The property market was allowed to continue operating during the second lockdown, which was good news for the 500,000 or so current transactions that are proceeding (albeit slowly). However, strict protocols on viewings and valuation appointments continue and many offices are being manned only by a limited number of staff, with working remotely the preferred option.
There is no doubt that covid-19 will be looked back on as creating the biggest paradigm shift since the arrival of the internet in how the residential property market (and many others) operates. The need for the habits of the nation to change will be key to steering the ship through the choppy waters ahead.

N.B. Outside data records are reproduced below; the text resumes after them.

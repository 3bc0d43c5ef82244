-- ===== src/Tests/Windows.antt =====
-- The client's windows at work.
use Prim.Native.String.{len}
use qt_chatting.Prelude.{
  ℕ, ◌+◌, ◌-◌, ◌≡◌, refl, String, true, false, [], ◌∷◌, arith, pos, some, List, str_differ,
}
use qt_chatting.Client.Qt.{Qt, Panel, object, id_get_varify_code, success}
use qt_chatting.Client.Register
use qt_chatting.Client.Register.{
  RegisterWidget, slot_confirm_reg, slot_get_code, slot_reg_finish, handle_document, call_handler,
}
use qt_chatting.Client.Register.Life.{register_run-Stopped}
use qt_chatting.Client.Register.Border.{username_border, short_name-posted}
use qt_chatting.Client.Events.{Event, typed, send_clicked, finished, run, happen, run_next}
use qt_chatting.Client.App.{App, reply_arrives}
use qt_chatting.Client.App.Sound.{
  All, AllSound, Steps, none_yet, then, register_shown, reset_shown, in_register, started,
  Steps-AllSound,
}
use qt_chatting.Client.App.Shared.{reply_arrives-confirm_enabled}
use qt_chatting.Client.Http.{Awaited, post_http_req}
use qt_chatting.Protocol.{register_mod}
use qt_chatting.Client.Register.Correct as RegisterCorrect
use qt_chatting.Client.Register.Correct.{slot_confirm_reg-Submits, register_post}
use qt_chatting.Client.Reset
use qt_chatting.Client.Reset.{ResetWidget, slot_confirm}
use qt_chatting.Client.Reset.Correct as ResetCorrect
use qt_chatting.Client.Reset.Correct.{
  slot_confirm-Submits, on_code_sent-unlisted, countdown-locked, countdown-over,
}
use qt_chatting.Client.Window.{Points, FramelessWindow}

-- An object is its "error" member.
abbrev qt : Qt
qt = record {
  Object = ℕ;
  length = λ s. len s;
  matches_username = λ s. true;
  matches_email = λ s. true;
  from_json = λ s. object 0;
  to_int = λ o key. pos o;
  to_json = λ fields. "{}";
  arg = λ s n. s;
}

abbrev prefix : String
prefix = "http://127.0.0.1:8080"

abbrev panel : Panel
panel = record {
  tip = "";
  tip_is_ok = true;
  confirm_enabled = false;
  send_enabled = true;
  send_text = "";
  remain_time = pos 0;
  timer_runs = false;
  posted = [];
}

abbrev register_form : RegisterWidget
register_form = record {
  username = "ann";
  mail = "ann@example.org";
  password = "password1";
  c_password = "password1";
  code = "4711";
  panel = panel;
}

abbrev reset_form : ResetWidget
reset_form = record { email = "bob@example.org"; code = "4711"; pwd = "password2"; panel = panel }

slot_confirm_reg-Submits_example :
    RegisterCorrect.Submits qt prefix register_form (slot_confirm_reg qt prefix register_form)
slot_confirm_reg-Submits_example = slot_confirm_reg-Submits qt prefix register_form refl

abbrev form : Register.Life.Form
form = record {
  username = "ann";
  mail = "ann@example.org";
  password = "password1";
  c_password = "password1";
  code = "4711";
}

-- The form is filled in, a code is asked for, and the reply says that it was sent.
abbrev asked : List (Event Register.Life.Form)
asked = typed form ∷ send_clicked ∷ finished id_get_varify_code "{}" success ∷ []

abbrev filled_in : RegisterWidget
filled_in = Register.Life.filled form Register.Life.opened

abbrev sent : RegisterWidget
sent = Register.on_code_sent qt prefix 0 (slot_get_code qt prefix filled_in)

ran_asked : run (Register.Life.widget qt prefix) asked Register.Life.opened ≡ some sent
unfolding run happen run_next slot_reg_finish handle_document call_handler
ran_asked = refl

abbrev short_form : RegisterWidget
short_form = record register_form { username = "al" }

short_name-posted_example :
    (username_border qt "al" ≡ "border: 2px solid red")
    × ((slot_confirm_reg qt prefix short_form).posted ≡ register_post prefix short_form ∷ [])
short_name-posted_example =
    short_name-posted qt prefix short_form refl
      (
        str_differ "al" "" refl,
        refl,
        str_differ "ann@example.org" "" refl,
        omega arith,
        omega arith,
        refl,
        str_differ "4711" "" refl,
      )
      (omega arith)

-- Two windows are open, and the form of one is filled in and a code asked for.
abbrev at_work : App
at_work = record {
  register_windows = slot_get_code qt prefix filled_in ∷ [];
  reset_windows = Reset.Life.opened ∷ [];
}

typed_in :
    happen (Register.Life.widget qt prefix) (typed form) Register.Life.opened ≡ some filled_in
unfolding happen
typed_in = refl

clicked :
    happen (Register.Life.widget qt prefix) send_clicked filled_in
    ≡ some (slot_get_code qt prefix filled_in)
unfolding happen
clicked = refl

steps : Steps qt prefix started at_work
steps =
    then _ _
      (then _ _ (then _ _ (then _ _ none_yet register_shown) reset_shown)
        (in_register [] [] Register.Life.opened filled_in (typed form) refl typed_in))
      (in_register [] [] filled_in (slot_get_code qt prefix filled_in) send_clicked refl clicked)

Steps-AllSound_example : AllSound at_work
Steps-AllSound_example = Steps-AllSound qt prefix at_work steps

-- Two registration windows are open, and the code was asked for in the first.
abbrev two_windows : App
two_windows = record {
  register_windows = filled_in ∷ Register.Life.opened ∷ [];
  reset_windows = [];
}

abbrev awaited : Awaited
awaited =
    post_http_req qt "/get_varifycode" (("email", "ann@example.org") ∷ []) id_get_varify_code
      register_mod

awaited_id : awaited.req_id ≡ id_get_varify_code
unfolding post_http_req
awaited_id = refl

awaited_module : awaited.module_of ≡ register_mod
unfolding post_http_req
awaited_module = refl

reply_arrives-confirm_enabled_example :
    (b : App) × (reply_arrives qt prefix awaited false "{}" two_windows ≡ some b)
    × All (λ (w : RegisterWidget). w.confirm_enabled ≡ true) b.register_windows
    × (b.reset_windows ≡ [])
reply_arrives-confirm_enabled_example =
    reply_arrives-confirm_enabled qt prefix awaited "{}" 0 two_windows awaited_id awaited_module
      refl refl

slot_confirm-Submits_example :
    ResetCorrect.Submits qt prefix reset_form (slot_confirm qt prefix reset_form)
slot_confirm-Submits_example = slot_confirm-Submits qt prefix reset_form

abbrev points : Points
points = record { Point = ℕ; add = λ a b. a + b; minus = λ a b. a - b }

abbrev window : FramelessWindow ℕ
window = record { dragging = false; drag_start_pos = 0; window_start_pos = 0; pos = 100 }
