-- ===== src/Accounts/Tests.antt =====
-- Runs of the use cases on users and sessions, and the theorems at concrete inputs.
-- Code: apps/api/src/modules/users, auth and admin
use elonew.Accounts.User.{block, change_role}
use elonew.Base.{true, false, [], ◌∷◌, none, some, ◌≡◌, refl, arith, eq_iff, lookup}
use elonew.Common.Errors.{
  wallet_order_completion_already_released, ok, err, is_ok, auth_user_inactive,
  auth_refresh_token_invalid, auth_refresh_token_revoked, user_email_confirmation_token_invalid,
  invalid_access_token,
}
use elonew.Tickets.Entity.{client, booster}
use elonew.Accounts.User.{User}
use elonew.Accounts.Store.{Accounts, AuthSession, find_row}
use elonew.Accounts.Columns.{IsUnique}
use elonew.Accounts.AccessToken.{Codec, AccessTokenPayload, to_parsed, sign, verify}
use elonew.Accounts.UseCases.{
  Services, sign_up, confirm_email_with, login, refresh_session, logout, authenticate,
}
use elonew.Accounts.Governance.{block_admin_user, update_admin_user}
use elonew.Accounts.Sessions.{IsCodec, issued, sign_round_trip}
use elonew.Accounts.Rotation.{IsSessions, refresh_rotates}
use elonew.Accounts.Onboarding.{user_id, user_email, onboarding}
use elonew.Base.Int.{◌+ℤ◌}
use elonew.Orders.Repository.{map_order_from_record, map_extras_from_record}
use elonew.Orders.Status.{completed}
use elonew.Payments.Status.{awaiting_confirmation}
use elonew.Platform.Samples.{row, world}
use elonew.Platform.World.{World}
use elonew.Wallet.Entity.{
  Wallet, force_release_order_completion_funds, find_order_completion_credit, release_credits,
  release_loop, is_releasable, release_amount, subtract_cents, add_cents,
}
use elonew.Money.Amount.{from_cents, subtract, add}
use elonew.Wallet.Tests.{bobs, bobs-IsBalanced}
use elonew.Wallet.UseCases.{skipped, already_released, release_matured_wallet_funds, force_release}
use elonew.Accounts.Interventions.{release_admin_order_booster_payment}
use elonew.Accounts.Payout.{payout_once}
use elonew.Accounts.Access.{block_locks_out, role_change_takes_effect}

abbrev payload : AccessTokenPayload
payload = issued 15 "u1" client 1000000

-- Stand-ins for the digests and the encodings.
abbrev codec : Codec
codec = record {
  mac = λ s. "digest";
  to_base64url = λ s. s;
  from_base64url = λ s. s;
  print_json = λ p. "payload";
  parse_json = λ s. some (to_parsed payload);
  header = "header";
}

abbrev services : Services
services = record {
  normalize_email = λ s. s;
  trim = λ s. s;
  hash_password = λ s. "hashed";
  verify_password = λ p h. true;
  hash_confirmation = λ s. s;
  hash_refresh = λ s. s;
  codec = codec;
  access_token_ttl_minutes = 15;
  refresh_token_ttl_days = 7;
  email_confirmation_token_ttl_minutes = 60;
}

abbrev ann : User
ann = record {
  id = "u1";
  username = "ann";
  email = "ann@x.com";
  password_hash = some "hashed";
  role = client;
  is_active = true;
  is_blocked = false;
  email_confirmed_at = some 5;
  email_confirmation_token_hash = none;
  email_confirmation_token_expires_at = none;
  password_reset_token_hash = none;
  password_reset_token_expires_at = none;
  created_at = 1;
  updated_at = 5;
}

abbrev session : AuthSession
session = record {
  id = "s1";
  user_id = "u1";
  refresh_token_hash = "t1";
  expires_at = 5000000;
  revoked_at = none;
  last_used_at = none;
  created_at = 10;
  updated_at = 10;
}

abbrev accounts : Accounts
accounts = record {
  users = ("u1", ann) ∷ [];
  sessions = ("s1", session) ∷ [];
  actions = [];
  mails = [];
}

abbrev nobody : Accounts
nobody = record { users = []; sessions = []; actions = []; mails = [] }

codec-IsCodec : IsCodec codec payload
codec-IsCodec = record {
  decode = λ s. refl;
  header = ground (arith, eq_iff "header" "");
  payload = ground (arith, eq_iff "payload" "");
  digest = ground (arith, eq_iff "digest" "");
  parse = refl;
}

accounts-IsSessions : IsSessions accounts.sessions
unfolding IsUnique find_row lookup
accounts-IsSessions = (refl, refl, refl, tt)

accounts-IsUnique : IsUnique user_id user_email accounts.users
unfolding IsUnique find_row lookup
accounts-IsUnique = (refl, refl, refl, tt)

sign_round_trip_example :
    verify codec (sign codec 15 "u1" client 1000000).token 2000000 ≡ err invalid_access_token
sign_round_trip_example = sign_round_trip codec 15 "u1" client 1000000 2000000 codec-IsCodec

refresh_rotates_example :
    let a' = (refresh_session services "t2" "t1" 2000 accounts).1 in
    (refresh_session services "t3" "t1" 3000 a' ≡ (err auth_refresh_token_invalid, a'))
    × (logout services "t1" 3000 a' ≡ (err auth_refresh_token_invalid, a'))
    × (is_ok (refresh_session services "t3" "t2" 3000 a').0 ≡ true)
unfolding refresh_session find_row lookup
refresh_rotates_example =
    refresh_rotates services "t2" "t3" "t1" 2000 3000 accounts accounts-IsSessions refl
      (ground (arith, eq_iff "t2" "t1")) refl (omega arith)

onboarding_example :
    let a' = (sign_up services "u1" "mailed" true "ann" "ann@x.com" "secret" 100 nobody).1 in
    let a'' = (confirm_email_with services "mailed" 200 a').1 in
    (login services "s1" "t1" "ann@x.com" "secret" 200 a' ≡ (err auth_user_inactive, a'))
    × (is_ok (confirm_email_with services "mailed" 200 a').0 ≡ true)
    × (confirm_email_with services "mailed" 200 a''
        ≡ (err user_email_confirmation_token_invalid, a''))
    × (is_ok (login services "s1" "t1" "ann@x.com" "secret" 200 a'').0 ≡ true)
unfolding sign_up find_row
onboarding_example =
    onboarding services "u1" "mailed" true "ann" "ann@x.com" "secret" 100 200 "s1" "t1" nobody refl
      refl (ground (arith, eq_iff "hashed" "")) (omega arith)

block_locks_out_example :
    let a' = (block_admin_user services "root" "u1" "abuse" 2000 accounts).1 in
    (is_ok (authenticate services (sign codec 15 "u1" client 1000000).token 1000000 a').0 ≡ false)
    × (is_ok (refresh_session services "t2" "t1" 1000000 a').0 ≡ false)
    × (is_ok (login services "" "t2" "ann@x.com" "secret" 1000000 a').0 ≡ false)
unfolding lookup block_admin_user find_row block
block_locks_out_example =
    block_locks_out services "root" "abuse" "t2" "t1" "ann@x.com" "secret"
      (sign codec 15 "u1" client 1000000).token 2000 1000000 accounts {u = ann} refl
      accounts-IsUnique refl (sign_round_trip codec 15 "u1" client 1000000 1000000 codec-IsCodec)
      refl refl refl

role_change_takes_effect_example :
    let a' = (update_admin_user services "root" "u1" none (some booster) 2000 accounts).1 in
    ((authenticate services (sign codec 15 "u1" client 1000000).token 1000000 a').0
      ≡ ok ("u1", booster))
    × (refresh_session services "t2" "t1" 1000000 a' ≡ (err auth_refresh_token_revoked, a'))
unfolding lookup update_admin_user find_row change_role
role_change_takes_effect_example =
    role_change_takes_effect services "root" "t2" "t1" (sign codec 15 "u1" client 1000000).token
      booster client 2000 1000000 accounts {u = ann} refl refl refl refl refl
      (sign_round_trip codec 15 "u1" client 1000000 1000000 codec-IsCodec) refl refl

-- A completed order whose booster's earnings are still locked.
abbrev ledger : World
ledger = record (world (row completed (some "bob") none) awaiting_confirmation) {
  wallets = ("bob", bobs) ∷ [];
}

ledger_pays : (release_admin_order_booster_payment services "root" "o1" "asked" 12 ledger).0 ≡ ok tt
unfolding release_admin_order_booster_payment force_release lookup map_order_from_record
    map_extras_from_record force_release_order_completion_funds find_order_completion_credit
    release_credits release_loop is_releasable release_amount subtract_cents from_cents subtract
    elonew.Base.Int.◌-ℤ◌ add_cents add ◌+ℤ◌
ledger_pays = refl

payout_once_example :
    let w' = (release_admin_order_booster_payment services "root" "o1" "asked" 12 ledger).1 in
    (completed ≡ completed)
    × ((o : Wallet) × (lookup "bob" w'.wallets ≡ some o)
        × (o.balance_locked +ℤ o.balance_withdrawable
            ≡ bobs.balance_locked +ℤ bobs.balance_withdrawable))
    × (release_admin_order_booster_payment services "boss" "o1" "again" 20 w'
        ≡ (err wallet_order_completion_already_released, w'))
    × (release_matured_wallet_funds "bob" "o1" 20 w' ≡ (ok (skipped already_released), w'))
unfolding lookup
payout_once_example =
    payout_once services "root" "boss" "asked" "again" 12 20 ledger refl refl refl bobs-IsBalanced
      ledger_pays refl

Back in March when the first lockdown was imposed, the estate agency industry was forced to think outside the box and many introduced new methods of working, often focused on technology and the ability to work remotely.
Reducing costs was uppermost on everyone’s agenda and there was a lot of discussion around cutting back on marketing expenditure, particularly on the major property portals which had become the third-highest area of expenditure for most businesses after people and premises.
Change was already happening but covid-19 became a catalyst for accelerating the move to new ways of working. Or did it?
Well, for many it did and those business have incorporated new ways of working, such as virtual viewings, into their day-to-day operations, with subsequent improved productivity. Some businesses have cut premises expenditure through assessing the true need for what they had, and some have withdrawn completely from the traditional high-street model.